I used the EBImage package to read the tiff images.
library(EBImage)
# Function to read pairs of tiff files, extract pixel matrices and create an array.
# E.g. an_array[,,"mask", "1_3"] contains the pixel matrix of the 1_3_matrix.tif file.
# Uses the 'EBImage' package.
extractPix <- function(folder, image_name, extension) {
## Concatenate filepath from input variables and read images.
filepath <- paste0(folder, "/", image_name, ".", extension)
filepath.m <- paste0(folder, "/", image_name, "_mask.", extension)
Image <- readImage(filepath)
Mask <- readImage(filepath.m)
## Extract pixel matrices from both images and combine them in one array.
(image_array <- array(
c(as.vector(Image@.Data), as.vector(Mask@.Data)),
dim = c(580, 420, 2, 1),
dimnames = list(
NULL,
NULL,
c("image", "mask"),
image_name
)
))
return(image_array)
}
I used the abind package to bind new arrays to the existing one.
source("functions.R")
library(abind)
## Create vector with names of image files without the extension.
scans <- list.files(path = "train", pattern = ".[0-9]+\\.tif")
scans <- gsub("\\.tif", "", scans)
## Use scans vector to loop through pairs of image and mask files
## to extract pixel data and combine them in one array.
ptm <- proc.time()
arr <- extractPix("train", "1_1", "tif")
for (i in scans[2:length(scans)]) {
new_arr <- extractPix("train", i, "tif")
arr <- abind(arr, new_arr)
}
proc.time() - ptm
## user system elapsed
## 0.584 0.057 0.651
Finished! Now the pixel data of all the image files is stored in one array.

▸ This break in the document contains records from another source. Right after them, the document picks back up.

-- ===== src/Expression/Speaker.antt =====
-- The loudspeaker: firmware/components/expression/speaker.c. A file is the list of its bytes, and
-- how many bytes a `fread` gives is a parameter. What is handed to the I2S driver is recorded,
-- without what the driver makes of it.
use companion_robot.Base.{
  ℕ, zero, suc, ◌+◌, ◌-◌, ◌*◌, ◌/◌, Bool, true, false, not, ◌||◌, Option, none, some, List, [], ◌∷◌,
  ◌++◌, length, take, drop, get_or, ltb, ◌==◌, if◌then◌else◌,
}

abbrev pub dma_buf_size : ℕ
dma_buf_size = 22050 * 50 / 1000 * 2

abbrev pub tts_queue_depth : ℕ
tts_queue_depth = 8

abbrev pub wav_header_size : ℕ
wav_header_size = 44

abbrev u16_at : List ℕ → ℕ → ℕ
u16_at file i = get_or file i 0 + get_or file (i + 1) 0 * 256

-- The fields of `wav_header_t` that the code uses, from the bytes of the file.
abbrev pub audio_format : List ℕ → ℕ
audio_format file = u16_at file 20

abbrev pub bits_per_sample : List ℕ → ℕ
bits_per_sample file = u16_at file 34

abbrev pub data_size : List ℕ → ℕ
data_size file = u16_at file 40 + u16_at file 42 * 65536

-- How a call of `speaker_play_file` ends: at one of its tests, or with the chunks written.
pub data Playback : Type 0 where
  disabled file_not_found no_header unsupported no_memory : Playback
  played : (chunks : List (List ℕ)) → Playback

abbrev pub to_read : (total_written data_size : ℕ) → ℕ
to_read total_written data_size =
    let remaining = data_size - total_written in
    if ltb remaining dma_buf_size then remaining else dma_buf_size

abbrev pub with_chunk : List ℕ → Option (List (List ℕ)) → Option (List (List ℕ))
with_chunk c none = none
with_chunk c (some chunks) = some (c ∷ chunks)

abbrev pub finished : Option (List (List ℕ)) → Option Playback
finished none = none
finished (some chunks) = some (played chunks)

-- `fread_count asked rest` is the number of bytes that `fread` of `asked` bytes gives.
module _ (fread_count : ℕ → List ℕ → ℕ) where
  -- "Stream PCM data to I2S in chunks", on fuel.
  unfoldable pub stream_loop :
      (fuel total_written data_size : ℕ) → (rest : List ℕ) → Option (List (List ℕ))
  stream_loop zero total_written data_size rest = none
  stream_loop (suc n) total_written data_size rest =
      let read = fread_count (to_read total_written data_size) rest in
      let later = stream_loop n (total_written + read) data_size (drop read rest) in
      if not (ltb total_written data_size) || (read == 0)
      then some []
      else with_chunk (take read rest) later

  -- The debug line that divides by `block_align` is not modelled: firmware/sdkconfig.defaults sets
  -- the level INFO, which compiles it out.
  unfoldable pub play_data : (allocated : Bool) → (fuel : ℕ) → List ℕ → Option Playback
  play_data false fuel file = some no_memory
  play_data true fuel file =
      finished (stream_loop fuel 0 (data_size file) (drop wav_header_size file))

  -- The result `none` means that the fuel ran out; the file `none` is one that cannot be opened. Log
  -- lines are left out.
  unfoldable pub speaker_play_file :
      (i2s_ok allocated : Bool) → (fuel : ℕ) → (file : Option (List ℕ)) → Option Playback
  speaker_play_file false allocated fuel file = some disabled
  speaker_play_file true allocated fuel none = some file_not_found
  speaker_play_file true allocated fuel (some file) =
      if ltb (length file) wav_header_size
      then some no_header
      else if not (audio_format file == 1) || not (bits_per_sample file == 16)
      then some unsupported
      else play_data allocated fuel file

-- The globals, with the number of the buffers that are allocated and not freed.
pub record Speaker : Type 0 where
  pub i2s_ok : Bool
  pub tts_queue : List (List ℕ)
  pub allocated : ℕ

-- `speaker_enqueue_tts`; the flag is whether `malloc` succeeds.
unfoldable pub speaker_enqueue_tts : (malloc_ok : Bool) → (samples : List ℕ) → Speaker → Speaker
speaker_enqueue_tts malloc_ok samples s =
    if not s.i2s_ok
    then s
    else if not malloc_ok
    then s
    else if ltb (length s.tts_queue) tts_queue_depth
    then record s { tts_queue = s.tts_queue ++ (samples ∷ []); allocated = s.allocated + 1 }
    else record s { allocated = s.allocated + 1 - 1 }

-- The queue's part in a round: what is written.
unfoldable pub speak_next : List (List ℕ) → Speaker → Speaker × List (List ℕ)
speak_next [] s = (s, [])
speak_next (samples ∷ queue) s =
    (record s { tts_queue = queue; allocated = s.allocated - 1 }, samples ∷ [])

-- A round of `task_audio_out`.
unfoldable pub audio_out_round : Speaker → Speaker × List (List ℕ)
audio_out_round s = if s.i2s_ok then speak_next s.tts_queue s else (s, [])

-- Calls from other tasks and rounds of the task, in their order.
pub data SpeakerStep : Type 0 where
  enqueue : (malloc_ok : Bool) (samples : List ℕ) → SpeakerStep
  round : SpeakerStep

unfoldable pub run_speaker : List SpeakerStep → Speaker → Speaker × List (List ℕ)
run_speaker [] s = (s, [])
run_speaker (enqueue malloc_ok samples ∷ steps) s =
    run_speaker steps (speaker_enqueue_tts malloc_ok samples s)
run_speaker (round ∷ steps) s =
    let (s', written) = audio_out_round s in
    let (end, later) = run_speaker steps s' in (end, written ++ later)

If for instance we want to see the matrix belonging to the 1_4 image file (first 6 rows and 20 columns) we can call:
head(arr[,c(1:20),"image","1_4"])
## [,1] [,2] [,3] [,4] [,5] [,6] [,7]
## [1,] 0.0000000 0.0000000 0.0000000 0.0000000 0.0000000 0.0000000 0.0000000
## [2,] 0.6549020 0.9372549 0.9254902 0.5764706 0.5490196 0.4980392 0.4705882
## [3,] 0.5529412 0.7960784 0.7921569 0.5333333 0.4784314 0.4901961 0.4352941
## [4,] 0.5372549 0.7764706 0.7725490 0.5058824 0.4431373 0.4784314 0.4274510
## [5,] 0.4941176 0.7450980 0.7607843 0.4784314 0.4392157 0.4666667 0.4039216
## [6,] 0.4823529 0.7450980 0.7490196 0.4588235 0.4431373 0.4627451 0.3843137
## [,8] [,9] [,10] [,11] [,12] [,13] [,14]

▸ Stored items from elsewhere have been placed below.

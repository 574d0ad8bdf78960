-- ===== src/Expression/Playback.antt =====
-- What the loudspeaker plays: firmware/components/expression/speaker.c.
use companion_robot.Base.{
  ℕ, zero, suc, ◌+◌, ◌-◌, ◌≤◌, ◌<◌, ◌≡◌, refl, ap, sym, subst, ◌∙◌, Bool, true, not, ◌||◌, some,
  List, [], ◌∷◌, ◌++◌, length, length-append, take, drop, ltb, leb, ltb_of_le, ◌==◌, if◌then◌else◌,
  arith, Bool-cases, ◌⊎◌, inl, inr,
}
use companion_robot.Expression.Speaker.{
  finished, to_read, audio_format, bits_per_sample, data_size, played, stream_loop, play_data,
  speaker_play_file, Speaker, speaker_enqueue_tts, speak_next, audio_out_round, SpeakerStep,
  enqueue, round, run_speaker,
}

-- What `fread` documents of its result, for a file that is read without error: all that is asked
-- for, or else all that is left.
abbrev pub ReadsAll : (ℕ → List ℕ → ℕ) → Type 0
ReadsAll count =
    (asked : ℕ) (rest : List ℕ)
    → count asked rest ≡ (if leb asked (length rest) then asked else length rest)

abbrev pub joined : List (List ℕ) → List ℕ
joined [] = []
joined (c ∷ cs) = c ++ joined cs

take_nil : {A : Type 0} (n : ℕ) → take {A = A} n [] ≡ []
take_nil zero = refl
take_nil (suc n) = refl

take-take-drop :
    {A : Type 0} (a b : ℕ) (xs : List A) → take a xs ++ take b (drop a xs) ≡ take (a + b) xs
take-take-drop zero b xs = ap (λ (n : ℕ). take n xs) (omega arith)
take-take-drop (suc a) b [] = take_nil b ∙ sym (take_nil (suc a + b))
take-take-drop (suc a) b (x ∷ xs) =
    ap (◌∷◌ x) (take-take-drop a b xs)
    ∙ ap (λ (n : ℕ). take n (x ∷ xs)) {x = suc (a + b)} (omega arith)

take_nothing : (m : ℕ) (rest : List ℕ) → (m ≡ 0) ⊎ (length rest ≡ 0) → [] ≡ take m rest
take_nothing m rest (inl e) = rw e refl
take_nothing m [] (inr e) = sym (take_nil m)
take_nothing m (x ∷ rest) (inr e) = absurd (omega (arith, e))

count_bounds :
    (count : ℕ → List ℕ → ℕ) (asked : ℕ) (rest : List ℕ)
    → ReadsAll count
    → (count asked rest ≤ asked) × ((count asked rest ≡ asked) ⊎ (count asked rest ≡ length rest))
count_bounds count asked rest r = ground (arith, r asked rest)

stream_loop_lem :
    (count : ℕ → List ℕ → ℕ) (fuel total size : ℕ) (rest : List ℕ)
    → ReadsAll count
    → size - total < fuel
    → (chunks : List (List ℕ)) × (stream_loop count fuel total size rest ≡ some chunks)
      × (joined chunks ≡ take (size - total) rest)
unfolding stream_loop
stream_loop_lem count zero total size rest r h = absurd (omega arith)
stream_loop_lem count (suc n) total size rest r h =
    let k = count (to_read total size) rest in
    let (le, all) = count_bounds count (to_read total size) rest r in
    elim (Bool-cases (not (ltb total size) || (k == 0))) [
      | inl stop ↦ ([], rw stop refl, take_nothing (size - total) rest (ground (arith, le, all)))
      | inr on ↦
          let (chunks, e, j) =
            stream_loop_lem count n (total + k) size (drop k rest) r (ground (arith, le)) in
          (
            take k rest ∷ chunks,
            rw (on, e) refl,
            ap (λ (l : List ℕ). take k rest ++ l) j
                ∙ take-take-drop k (size - (total + k)) rest
                ∙ ap (λ (m : ℕ). take m rest) (ground (arith, le)),
          )
    ]

play_data_lem :
    (count : ℕ → List ℕ → ℕ) (fuel : ℕ) (file : List ℕ) (chunks : List (List ℕ))
    → stream_loop count fuel 0 (data_size file) (drop 44 file) ≡ some chunks
    → play_data count true fuel file ≡ some (played chunks)
unfolding play_data
play_data_lem count fuel file chunks e = ap finished e

-- A call for a file of 16-bit PCM with a whole header, over a working channel and with the buffer
-- allocated, ends within one more step than the header has bytes of data, and hands over the data
-- in order: all the bytes that the header announces, or those that the file has. `fread` gives
-- what it documents.
pub plays_data :
    (count : ℕ → List ℕ → ℕ) (fuel : ℕ) (file : List ℕ)
    → ReadsAll count
    → 44 ≤ length file
    → audio_format file ≡ 1
    → bits_per_sample file ≡ 16
    → data_size file < fuel
    → (chunks : List (List ℕ)) × (speaker_play_file count true true fuel (some file)
        ≡ some (played chunks))
      × (joined chunks ≡ take (data_size file) (drop 44 file))
unfolding speaker_play_file
plays_data count fuel file r h f b u =
    let (chunks, e, j) =
      stream_loop_lem count fuel 0 (data_size file) (drop 44 file) r (omega arith) in
    (
      chunks,
      rw (ltb_of_le (length file) 44 h, f, b) (play_data_lem count fuel file chunks e),
      j ∙ ap (λ (n : ℕ). take n (drop 44 file)) (omega arith),
    )

abbrev pub rounds : List SpeakerStep → ℕ
rounds [] = 0
rounds (enqueue malloc_ok samples ∷ steps) = rounds steps
rounds (round ∷ steps) = suc (rounds steps)

-- The buffers in the queue are the ones that are allocated, and the queue's room is kept.
pub record IsBalanced (s : Speaker) : Type 0 where
  pub freed_once : s.allocated ≡ length s.tts_queue
  pub in_room : length s.tts_queue ≤ 8

enqueue-IsBalanced :
    (ok : Bool) (samples : List ℕ) (s : Speaker)
    → IsBalanced s
    → IsBalanced (speaker_enqueue_tts ok samples s)
unfolding speaker_enqueue_tts
enqueue-IsBalanced ok samples s h =
    ground (arith, length-append s.tts_queue (samples ∷ []), h.freed_once, h.in_room)

speak_next-IsBalanced :
    (queue : List (List ℕ)) (s : Speaker)
    → s.tts_queue ≡ queue
    → IsBalanced s
    → IsBalanced (speak_next queue s).0
unfolding speak_next
speak_next-IsBalanced [] s e h = h
speak_next-IsBalanced (samples ∷ queue) s e h =
    let l : length s.tts_queue ≡ suc (length queue) = ap (λ (q : List (List ℕ)). length q) e in
    record { freed_once = omega (arith, h.freed_once, l); in_room = omega (arith, h.in_room, l) }

size : {xs ys : List (List ℕ)} → xs ≡ ys → length xs ≡ length ys
size e = ap (λ (l : List (List ℕ)). length l) e

take_before : (n : ℕ) (xs ys : List (List ℕ)) → n ≤ length xs → take n (xs ++ ys) ≡ take n xs
take_before zero xs ys h = refl
take_before (suc n) [] ys h = absurd (omega arith)
take_before (suc n) (x ∷ xs) ys h = ap (◌∷◌ x) (take_before n xs ys (omega arith))

enqueue_keeps :
    (ok : Bool) (samples : List ℕ) (s : Speaker)
    → ((speaker_enqueue_tts ok samples s).i2s_ok ≡ s.i2s_ok)
      × (((speaker_enqueue_tts ok samples s).tts_queue ≡ s.tts_queue)
          ⊎ ((speaker_enqueue_tts ok samples s).tts_queue ≡ s.tts_queue ++ (samples ∷ [])))
unfolding speaker_enqueue_tts
enqueue_keeps ok samples s = ground arith

-- What a round makes of a queue that is not empty.
round_lem :
    (queue : List (List ℕ)) (s : Speaker)
    → s.i2s_ok ≡ true
    → s.tts_queue ≡ queue
    → 1 ≤ length queue
    → (x : List ℕ) × (q : List (List ℕ)) × (queue ≡ x ∷ q)
      × ((audio_out_round s).1 ≡ x ∷ [])
      × ((audio_out_round s).0.tts_queue ≡ q)
      × ((audio_out_round s).0.i2s_ok ≡ true)
unfolding audio_out_round speak_next
round_lem [] s ok e h = absurd (omega arith)
round_lem (x ∷ q) s ok e h = (x, q, refl, rw (ok, e) refl, rw (ok, e) refl, rw (ok, e) refl)

round_speaks : (s : Speaker) → s.i2s_ok ≡ true → audio_out_round s ≡ speak_next s.tts_queue s
unfolding audio_out_round
round_speaks s ok = ap (λ (b : Bool). if b then speak_next s.tts_queue s else (s, [])) ok

round-IsBalanced : (s : Speaker) → s.i2s_ok ≡ true → IsBalanced s → IsBalanced (audio_out_round s).0
round-IsBalanced s ok h =
    subst (λ (r : Speaker × List (List ℕ)). IsBalanced r.0) (sym (round_speaks s ok))
      (speak_next-IsBalanced s.tts_queue s refl h)

-- Steps in any order, with a working channel, from a state in which the allocated buffers are the
-- at most 8 that wait, and with no more rounds among the steps than such buffers: the rounds write
-- the first of these, one each and in their order, whatever is enqueued in between, and at the end
-- again the allocated buffers are the at most 8 that wait.
pub tts_in_turn :
    (steps : List SpeakerStep) (s : Speaker)
    → s.i2s_ok ≡ true
    → IsBalanced s
    → rounds steps ≤ length s.tts_queue
    → ((run_speaker steps s).1 ≡ take (rounds steps) s.tts_queue)
      × IsBalanced (run_speaker steps s).0
unfolding run_speaker
tts_in_turn [] s ok h u = (refl, h)
tts_in_turn (enqueue malloc_ok samples ∷ steps) s ok h u =
    let s' = speaker_enqueue_tts malloc_ok samples s in
    let (ok', q) = enqueue_keeps malloc_ok samples s in
    let longer = length-append s.tts_queue (samples ∷ []) in
    let room : rounds steps ≤ length s'.tts_queue = elim q [
      | inl e ↦ omega (arith, u, size e)
      | inr e ↦ omega (arith, u, size e, longer)
    ] in
    let (w, b) = tts_in_turn steps s' (ok' ∙ ok) (enqueue-IsBalanced malloc_ok samples s h) room in
    (
      w ∙ elim q [
        | inl e ↦ ap (λ (l : List (List ℕ)). take (rounds steps) l) e
        | inr e ↦
            ap (λ (l : List (List ℕ)). take (rounds steps) l) e
            ∙ take_before (rounds steps) s.tts_queue (samples ∷ []) u
      ],
      b,
    )
tts_in_turn (round ∷ steps) s ok h u =
    let (x, q, e, w, e', ok') = round_lem s.tts_queue s ok refl (omega (arith, u)) in
    let room : rounds steps ≤ length (audio_out_round s).0.tts_queue =
      omega (arith, u, size e, size e') in
    let (w', b) = tts_in_turn steps (audio_out_round s).0 ok' (round-IsBalanced s ok h) room in
    (
      ap (λ (l : List (List ℕ)). l ++ (run_speaker steps (audio_out_round s).0).1) w
          ∙ ap (◌∷◌ x) (w' ∙ ap (λ (l : List (List ℕ)). take (rounds steps) l) e')
          ∙ sym (ap (λ (l : List (List ℕ)). take (suc (rounds steps)) l) e),
      b,
    )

## [1,] 0.0000000 0.0000000 0.0000000 0.0000000 0.0000000 0.0000000 0.0000000
## [2,] 0.5098039 0.5450980 0.6078431 0.6392157 0.5960784 0.5960784 0.6196078
## [3,] 0.4627451 0.5764706 0.6313725 0.5568627 0.5411765 0.5333333 0.5529412
## [4,] 0.4627451 0.5764706 0.6313725 0.5568627 0.5411765 0.5333333 0.5529412
## [5,] 0.4392157 0.5607843 0.6313725 0.5647059 0.5254902 0.5411765 0.5686275
## [6,] 0.4156863 0.5490196 0.6352941 0.5764706 0.5176471 0.5490196 0.5803922
## [,15] [,16] [,17] [,18] [,19] [,20]
## [1,] 0.0000000 0.0000000 0.0000000 0.0000000 0.0000000 0.0000000
## [2,] 0.6352941 0.6470588 0.6549020 0.6627451 0.6509804 0.6156863
## [3,] 0.5764706 0.5490196 0.6156863 0.6470588 0.6117647 0.5529412
## [4,] 0.5764706 0.5490196 0.6156863 0.6470588 0.6117647 0.5647059
## [5,] 0.5725490 0.5607843 0.6000000 0.6509804 0.6313725 0.6000000
## [6,] 0.5686275 0.5725490 0.5921569 0.6470588 0.6470588 0.6352941
First we generate a vector with all file names. This vector is used as one of name vectors of the array.

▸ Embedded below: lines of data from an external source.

-- ===== src/Motion/Wheels.antt =====
-- The wheel speeds of the motor task: firmware/components/motion/motor.c, with the decisions of
-- Motion/MotorCtl. A `float` is a parameter, with its operations.
use mathlib.Core.Option
use companion_robot.Base.{ℕ, Bool, not, ◌&&◌, ◌||◌, Option, none, some, ◌==◌, if◌then◌else◌}
use companion_robot.Base.Float.{FloatOps, of_int16}
use companion_robot.Motion.MotorCtl.{
  MotorCmd, move, move_to, stop, Motor, MotorInputs, Nav, no_pose, arrived, away, bcp_dir_stop,
  receive, watch_emergency, expire, drive,
}
use companion_robot.Localization.Estimate.{Pose, wrap_yaw}

-- `pid_state_t`.
pub record Pid (F : Type 0) : Type 0 where
  pub integral : F
  pub prev_error : F
  pub setpoint : F

-- The duty cycles of the two channels of a motor.
pub record Pwm : Type 0 where
  pub in1 : ℕ
  pub in2 : ℕ

-- An array with an element for each motor.
pub record Four (A : Type 0) : Type 0 where
  pub l1 : A
  pub l2 : A
  pub r1 : A
  pub r2 : A

abbrev pub each : {A B : Type 0} → (A → B) → Four A → Four B
each f a = record { l1 = f a.l1; l2 = f a.l2; r1 = f a.r1; r2 = f a.r2 }

abbrev pub all_four : {A : Type 0} → A → Four A
all_four a = record { l1 = a; l2 = a; r1 = a; r2 = a }

-- `g_pid`, the duty cycles, and the memory of the distance controller.
pub record Drive (F : Type 0) : Type 0 where
  pub pid : Four (Pid F)
  pub pwm : Four Pwm
  pub move_to_integral : F
  pub move_to_prev_error : F

module _ {F : Type 0} (fl : FloatOps F) where
  abbrev pub lit : ℕ → ℕ → F
  lit n d = fl.literal n d

  abbrev pub zero_f : F
  zero_f = lit 0 1

  unfoldable pub clamp_f : (v lo hi : F) → F
  clamp_f v lo hi = if fl.less v lo then lo else if fl.less hi v then hi else v

  unfoldable pub set_motor_pwm : (duty : F) → Pwm
  set_motor_pwm duty =
      if fl.less (lit 1 100) duty
      then record { in1 = fl.to_int (fl.times duty (lit 1023 1)); in2 = 0 }
      else if fl.less duty (fl.negate (lit 1 100))
      then record { in1 = 0; in2 = fl.to_int (fl.times (fl.negate duty) (lit 1023 1)) }
      else record { in1 = 0; in2 = 0 }

  abbrev pub pid_reset : Pid F
  pid_reset = record { integral = zero_f; prev_error = zero_f; setpoint = zero_f }

  -- `brake_all`.
  unfoldable pub brake_wheels : Drive F → Drive F
  brake_wheels d = record d {
    pid = all_four pid_reset;
    pwm = all_four (record { in1 = 1023; in2 = 1023 });
  }

  -- "Normalize if any wheel exceeds 1.0".
  unfoldable pub normalize : Four F → Four F
  normalize w =
      let max_val =
        fl.fmaxf (fl.fmaxf (fl.fabsf w.l1) (fl.fabsf w.l2))
          (fl.fmaxf (fl.fabsf w.r1) (fl.fabsf w.r2)) in
      if fl.less (lit 1 1) max_val then each (λ x. fl.over x max_val) w else w

  unfoldable pub wheels_of : (vx vy omega : F) → Four F
  wheels_of vx vy omega =
      let turn = fl.times omega (lit 1 1) in
      record {
        l1 = fl.minus (fl.minus vx vy) turn;
        l2 = fl.minus (fl.plus vx vy) turn;
        r1 = fl.plus (fl.plus vx vy) turn;
        r2 = fl.plus (fl.minus vx vy) turn;
      }

  -- The directions of the switch, in the order of `bcp_direction_t`.
  unfoldable pub mecanum_kinematics : (direction : ℕ) → (speed : F) → Four F
  mecanum_kinematics dir speed =
      let o = zero_f in
      let back = fl.negate speed in
      normalize (
        if dir == 0
        then wheels_of speed o o
        else if dir == 1
        then wheels_of back o o
        else if dir == 2
        then wheels_of o speed o
        else if dir == 3
        then wheels_of o back o
        else if dir == 4
        then wheels_of o o speed
        else if dir == 5
        then wheels_of o o back
        else if dir == 7
        then wheels_of speed speed o
        else if dir == 8
        then wheels_of speed back o
        else if dir == 9
        then wheels_of back speed o
        else if dir == 10
        then wheels_of back back o
        else wheels_of o o o)

  abbrev pub dt : F
  dt = lit 1 100

  unfoldable pub pid_update : (measured : F) → Pid F → F × Pid F
  pid_update measured p =
      let error = fl.minus p.setpoint measured in
      let integral =
        clamp_f (fl.plus p.integral (fl.times error dt)) (fl.negate (lit 1 1)) (lit 1 1) in
      let derivative = fl.over (fl.minus error p.prev_error) dt in
      let out =
        fl.plus (fl.plus (fl.times (lit 5 10) error) (fl.times (lit 1 10) integral))
          (fl.times (lit 5 100) derivative) in
      (out, record p { integral = integral; prev_error = error })

  -- What the code takes for the speed of a wheel.
  unfoldable pub measured_for : (setpoint : F) → F
  measured_for setpoint =
      if fl.less (lit 1 100) setpoint || fl.less setpoint (fl.negate (lit 1 100))
      then fl.times setpoint (lit 9 10)
      else zero_f

  -- The body of the "PID loop for each wheel".
  unfoldable pub pid_wheel : (target : F) → Pid F → Pwm × Pid F
  pid_wheel target p =
      let (out, p') = pid_update (measured_for target) (record p { setpoint = target }) in
      (set_motor_pwm out, p')

  unfoldable pub pid_loop : Four F → Drive F → Drive F
  pid_loop target d =
      let a = pid_wheel target.l1 d.pid.l1 in
      let b = pid_wheel target.l2 d.pid.l2 in
      let c = pid_wheel target.r1 d.pid.r1 in
      let e = pid_wheel target.r2 d.pid.r2 in
      record d {
        pid = record { l1 = a.1; l2 = b.1; r1 = c.1; r2 = e.1 };
        pwm = record { l1 = a.0; l2 = b.0; r1 = c.0; r2 = e.0 };
      }

  abbrev pub distance_to : Motor → Pose F → F
  distance_to m p =
      let dx = fl.minus (of_int16 fl m.target_x) p.x_cm in
      let dy = fl.minus (of_int16 fl m.target_y) p.y_cm in
      fl.sqrtf (fl.plus (fl.times dx dx) (fl.times dy dy))

  unfoldable pub nav_of : Motor → Option (Pose F) → Nav
  nav_of m none = no_pose
  nav_of m (some p) = if fl.less (distance_to m p) (lit 3 1) then arrived else away

  -- `g_move_to_speed / 255.0f`, or that of a direction, within 0 and 1.
  abbrev pub speed_norm : ℕ → F
  speed_norm speed = clamp_f (fl.over (fl.of_int speed) (lit 255 1)) zero_f (lit 1 1)

  abbrev pub slowed : Bool → F → F
  slowed slow v = if slow then fl.times v (lit 5 10) else v

  -- The controller of the distance: its output, and its memory.
  unfoldable pub distance_pid : (dist : F) → Drive F → F × Drive F
  distance_pid dist d =
      let integral =
        clamp_f (fl.plus d.move_to_integral (fl.times dist dt)) (fl.negate (lit 2 1)) (lit 2 1) in
      let derivative = fl.over (fl.minus dist d.move_to_prev_error) dt in
      let sum =
        fl.plus (fl.plus (fl.times (lit 4 10) dist) (fl.times (lit 2 100) integral))
          (fl.times (lit 1 10) derivative) in
      (
        clamp_f sum zero_f (lit 8 10),
        record d { move_to_integral = integral; move_to_prev_error = dist },
      )

  -- The speeds toward the target of a `move_to`; `none` if the fuel of the wrapping loops runs out.
  unfoldable pub steer :
      (fuel : ℕ) → Motor → Pose F → (slow : Bool) → Drive F → Option (Four F × Drive F)
  steer fuel m p slow d =
      let dx = fl.minus (of_int16 fl m.target_x) p.x_cm in
      let dy = fl.minus (of_int16 fl m.target_y) p.y_cm in
      let target_yaw = fl.over (fl.times (fl.atan2f dy dx) (lit 180 1)) (lit 314159265 100000000) in
      let (dist_pid, d') = distance_pid (distance_to m p) d in
      let toward : F → Four F × Drive F = λ yaw_error.
        let part = fl.fminf (fl.over (fl.fabsf yaw_error) (lit 90 1)) (lit 1 1) in
        let vx =
          fl.times (fl.times dist_pid (fl.minus (lit 1 1) part)) (speed_norm m.target_speed) in
        let omega =
          fl.times (clamp_f (fl.over yaw_error (lit 90 1)) (fl.negate (lit 1 1)) (lit 1 1))
            (speed_norm m.target_speed) in
        let turn = fl.times (slowed slow omega) (lit 1 1) in
        let left = fl.minus (slowed slow vx) turn in
        let right = fl.plus (slowed slow vx) turn in
        (normalize (record { l1 = left; l2 = left; r1 = right; r2 = right }), d') in
      Option.map toward (wrap_yaw fl fuel (fl.minus target_yaw p.yaw_deg))

  -- "Position-based navigation using localization".
  unfoldable pub navigate_wheels :
      (fuel : ℕ) → Motor → Option (Pose F) → (slow : Bool) → Drive F → Option (Four F × Drive F)
  navigate_wheels fuel m none slow d = some (all_four zero_f, d)
  navigate_wheels fuel m (some p) slow d =
      let going = steer fuel m p slow d in
      if fl.less (distance_to m p) (lit 3 1) then some (all_four zero_f, brake_wheels d) else going

  -- "Compute target speeds".
  unfoldable pub target_speeds :
      (fuel : ℕ) → Motor → Option (Pose F) → (slow : Bool) → Drive F → Option (Four F × Drive F)
  target_speeds fuel m pose slow d =
      let navigated = navigate_wheels fuel m pose slow d in
      if m.move_to_active
      then navigated
      else if m.cmd_active && not (m.current_direction == bcp_dir_stop)
      then some
          (mecanum_kinematics m.current_direction (slowed slow (speed_norm m.current_speed)), d)
      else some (all_four zero_f, d)

  -- What a received command does to the wheels and to the memory of the controller.
  unfoldable pub receive_wheels : Option MotorCmd → Drive F → Drive F
  receive_wheels none d = d
  receive_wheels (some stop) d = brake_wheels d
  receive_wheels (some (move_to x y speed)) d = record d {
    move_to_integral = zero_f;
    move_to_prev_error = zero_f;
  }
  receive_wheels (some (move direction speed duration)) d = d

  -- The loop of the duration's end, before the targets are set.
  abbrev pub zero_setpoints : Drive F → Drive F
  zero_setpoints d = record d { pid = each (λ (p : Pid F). record p { setpoint = zero_f }) d.pid }

  -- A round of `task_motor_ctrl`; the pose is what `localization_get_pose` gives, and the field
  -- `nav` of the inputs is not looked at.
  unfoldable pub wheel_tick :
      (ms_to_ticks : ℕ → ℕ)
      → (fuel : ℕ) → MotorInputs
      → Option (Pose F)
      → Motor
      → Drive F
      → Option (Motor × Drive F)
  wheel_tick ms_to_ticks fuel i pose m d =
      let m1 = receive ms_to_ticks i.incoming i.at_receive m in
      let d1 = receive_wheels i.incoming d in
      let m2 = watch_emergency i.emergency m1 in
      let d2 = if i.emergency && not m1.emergency_stop then brake_wheels d1 else d1 in
      let m3 = expire i.at_expiry m2 in
      let d3 = if m2.cmd_active && not m3.cmd_active then zero_setpoints d2 else d2 in
      let targets = target_speeds fuel m3 pose i.slow_down d3 in
      let finish : Four F × Drive F → Motor × Drive F =
        λ t. (drive (nav_of m3 pose) i.slow_down m3, pid_loop t.0 t.1) in
      let driven = Option.map finish targets in if m2.emergency_stop then some (m2, d2) else driven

## Create vector with names of image files without the extension.
scans <- list.files(path = "train", pattern = ".[0-9]+\\.tif")
scans <- gsub("\\.tif", "", scans)
## Prepare an empty array
ptm <- proc.time()
image_array <- array(
c(numeric(580*420), numeric(580*420)),
dim = c(580, 420, 2, length(scans)),
dimnames = list(
NULL,
NULL,
c("image", "mask"),
scans
)
)
We loop through the vector with image names and fill the array with data from the pixel matrices of both the image and the mask.
for (i in scans[1:length(scans)]) {
filepath <- paste0("train/", i, ".tif")
filepath.m <- paste0("train/", i, "_mask.tif")
Image <- readImage(filepath)
Mask <- readImage(filepath.m)
image_array[,,"image", i] <- as.vector(Image@.Data)
image_array[,,"mask", i] <- as.vector(Mask@.Data)
}
proc.time() - ptm
## user system elapsed
## 0.280 0.035 0.317
The time stamps show that method B is much more efficient than A. This is expecially relevant when working with large image libraries.